═══ Records to process

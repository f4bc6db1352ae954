-- ===== src/Streaming/Sets.antt =====
-- `stream_eye_rois` of camera-service/src/main.rs, one set at a time.
use podbay_camera_firmware.Prelude.{
  ℕ, ◌+◌, ◌-◌, ◌*◌, ◌/◌, ◌%◌, ◌==◌, ◌++◌, not, Option, none, some, List, [], ◌∷◌, length,
  if◌then◌else◌, leb, ◌&&◌, as_u32, as_u64, Result, ok, err,
}
use podbay_camera_firmware.Device.{M, ◌>>=◌, ◌>>◌, lift, pure, I2c}
use podbay_camera_firmware.Config.{SensorMode}
use podbay_camera_firmware.Config.Requests.{ContextStream, validate_absolute_eye_rois}
use podbay_camera_firmware.Telemetry.Window.{
  CameraTelemetry, reset, record_stage, payload, stage_sensor_acquire, stage_roi_slice,
  stage_context_build, stage_sensor_interval, stage_stream_write,
}
use podbay_camera_firmware.Packet.{
  thumbnail_packet_header, eye_packet_header, telemetry_packet_header,
}
use podbay_camera_firmware.Graph.{Mi, Graph}
use podbay_camera_firmware.Sensor.Driver.{verify_full_raw_mode}
use podbay_camera_firmware.Graph.Pipeline.{World, on_bus, open_sensor_only}
use podbay_camera_firmware.Graph.Frames.{with_graph}
use podbay_camera_firmware.Graph.EyeSet.{RawEyeSet, acquire_eye_set}
use podbay_camera_firmware.Control.{LiveEyeRoi}
use podbay_camera_firmware.Streaming.{
  Stream, Round, Packet, active_context, telemetry_every_raw_sets,
}
use podbay_camera_firmware.Streaming.Cadence.{
  required_sets, cadence_frame_length, trim, check_cadence,
}

-- The rectangles that were requested last, once they are valid, where their generation is a new one.
unfoldable pub retarget_eyes : SensorMode → Option LiveEyeRoi → LiveEyeRoi → Result LiveEyeRoi
retarget_eyes mode none active = ok active
retarget_eyes mode (some requested) active =
    if requested.roi_generation == active.roi_generation
    then ok active
    else (elim (validate_absolute_eye_rois mode requested.left_eye requested.right_eye
        requested.eye_width requested.eye_height) [ err e ↦ err e | ok _ ↦ ok requested ])

-- What an acquired set leaves in the telemetry.
abbrev pub note_interval : Option ℕ → ℕ → CameraTelemetry → CameraTelemetry
note_interval none ready t = t
note_interval (some previous) ready t = record_stage t stage_sensor_interval (ready - previous)

abbrev pub note_context : Option ContextStream → ℕ → CameraTelemetry → CameraTelemetry
note_context none build t = t
note_context (some context) build t = record_stage t stage_context_build build

unfoldable pub note_set :
    Round → Option ContextStream → Option ℕ → RawEyeSet → CameraTelemetry → CameraTelemetry
note_set round context previous set t = note_interval previous round.frame_ready (
    note_context context round.context_build (
      record_stage (record_stage t stage_sensor_acquire set.sensor_wait) stage_roi_slice
        round.roi_slice))

abbrev pub note_write : ℕ → CameraTelemetry → CameraTelemetry
note_write elapsed t = record_stage t stage_stream_write elapsed

-- The packet of a context thumbnail, where there is one.
unfoldable pub context_packets :
    Graph → ℕ → ℕ → Option ContextStream → Option (List ℕ) → List Packet
context_packets g sequence timestamp (some context) (some pixels) =
    (
      thumbnail_packet_header 0 sequence timestamp g.origin_x g.origin_y context.context_width
          context.context_height (as_u32 (length pixels)) 0,
      pixels,
    )
    ∷ []
context_packets g sequence timestamp none pixels = []
context_packets g sequence timestamp (some context) none = []

abbrev pub note_packets : ℕ → List Packet → CameraTelemetry → CameraTelemetry
note_packets elapsed [] t = t
note_packets elapsed (packet ∷ packets) t = note_write elapsed t

unfoldable pub eye_packet : LiveEyeRoi → ℕ → ℕ → ℕ → ℕ × ℕ → List ℕ → Packet
eye_packet active eye_id sequence timestamp (x, y) pixels = (
  eye_packet_header eye_id sequence timestamp x y active.eye_width active.eye_height
      (active.eye_width / 4 * 5) (as_u32 (length pixels)),
  pixels,
)

unfoldable pub eye_packets : LiveEyeRoi → ℕ → RawEyeSet → List Packet
eye_packets active sequence set =
    eye_packet active 1 sequence set.set_timestamp_ns active.left_eye set.left_payload
    ∷ eye_packet active 2 sequence set.set_timestamp_ns active.right_eye set.right_payload
    ∷ []

-- The telemetry that follows every second set, under the sequence of that set.
unfoldable pub telemetry_packets :
    Round → ℕ → ℕ → ℕ → CameraTelemetry → List Packet × CameraTelemetry
telemetry_packets round sent sequence timestamp t =
    let (bytes, t') = payload t round.telemetry_now in
    let header = telemetry_packet_header sequence timestamp (as_u32 (length bytes)) in
    if sent % telemetry_every_raw_sets == 0
    then ((header, bytes) ∷ [], note_write round.telemetry_write t')
    else ([], t)

-- The variables after a set, up to the cadence.
unfoldable pub advance : Round → ℕ → LiveEyeRoi → CameraTelemetry → Stream → Stream
advance round required active t stream = record {
  sent = as_u32 (stream.sent + 1);
  sequence = as_u64 (stream.sequence + 1);
  active = active;
  last_frame_ready = some round.frame_ready;
  completed_sets = trim (required + 1) (stream.completed_sets ++ round.completed ∷ []);
  stream_telemetry = t;
}

abbrev pub generation_of : Option LiveEyeRoi → ℕ
generation_of none = 0
generation_of (some live) = live.roi_generation

module _ (sdk : Mi) (bus : I2c) where
  -- What is sent once a set has been acquired, and the variables after it. Where the cadence is missed the
  -- stream ends with that error; the packets before it have been sent, which the error does not say.
  unfoldable pub send_set :
      Graph
      → Round
      → Option ContextStream
      → LiveEyeRoi
      → RawEyeSet
      → Stream
      → Result (List Packet × Stream)
  send_set g round context active set stream =
      let noted = note_set round context stream.last_frame_ready set stream.stream_telemetry in
      let thumbnail =
        context_packets g stream.sequence set.set_timestamp_ns context set.context_payload in
      let written =
        note_write round.right_write
          (note_write round.left_write (note_packets round.context_write thumbnail noted)) in
      let required = required_sets (cadence_frame_length round.timing_word) in
      let next = advance round required active written stream in
      let (report, t) =
        telemetry_packets round next.sent stream.sequence set.set_timestamp_ns written in
      elim (check_cadence required next.completed_sets round.completed) [
        | err e ↦ err e
        | ok _ ↦ ok (
          thumbnail ++ eye_packets active stream.sequence set ++ report,
          record next { stream_telemetry = t },
        )
      ]

  unfoldable pub stream_set :
      SensorMode → Option ContextStream → Round → Stream → M (World sdk bus) (List Packet × Stream)
  stream_set mode context round stream = do
    active ← lift (retarget_eyes mode round.requested stream.active)
    let wanted = active_context context stream.sent
    set ←
        acquire_eye_set sdk bus active.left_eye active.right_eye active.eye_width active.eye_height
          wanted
    λ w. (send_set w.0 round wanted active set stream, w)

  -- The loop, over what its rounds read: all of it where there is no number of frames.
  unfoldable pub stream_sets :
      SensorMode
      → Option ContextStream
      → ℕ
      → List Round
      → Stream
      → M (World sdk bus) (List Packet × Stream)
  stream_sets mode context frames [] stream = pure ([], stream)
  stream_sets mode context frames (round ∷ rounds) stream =
      let further = (do
        first ← stream_set mode context round stream
        rest ← stream_sets mode context frames rounds first.1
        pure (first.0 ++ rest.0, rest.1)) in
      if not (frames == 0) && leb frames stream.sent then pure ([], stream) else further

  -- `telemetry` is what the threads share before the stream.
  unfoldable pub stream_eye_rois :
      SensorMode
      → ℕ
      → LiveEyeRoi
      → ℕ
      → Option ContextStream
      → Option LiveEyeRoi
      → CameraTelemetry
      → ℕ
      → List Round
      → M (World sdk bus) (List Packet × Stream)
  stream_eye_rois mode sequence eyes frames context live telemetry started rounds = do
    lift (
        validate_absolute_eye_rois mode eyes.left_eye eyes.right_eye eyes.eye_width eyes.eye_height)
    with_graph sdk bus λ g. do
      sensor ← open_sensor_only sdk bus
      on_bus sdk bus (verify_full_raw_mode bus sensor g.origin_x g.origin_y)
      stream_sets mode context frames rounds (record {
        sent = 0;
        sequence = sequence;
        active = record eyes { roi_generation = generation_of live };
        last_frame_ready = none;
        completed_sets = [];
        stream_telemetry = reset telemetry started;
      })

══════

◆ Work request ◆
Output each line of the listing above that has "wanted".

◆ Response for this exercise ◆
    let wanted = active_context context stream.sent
          wanted
    λ w. (send_set w.0 round wanted active set stream, w)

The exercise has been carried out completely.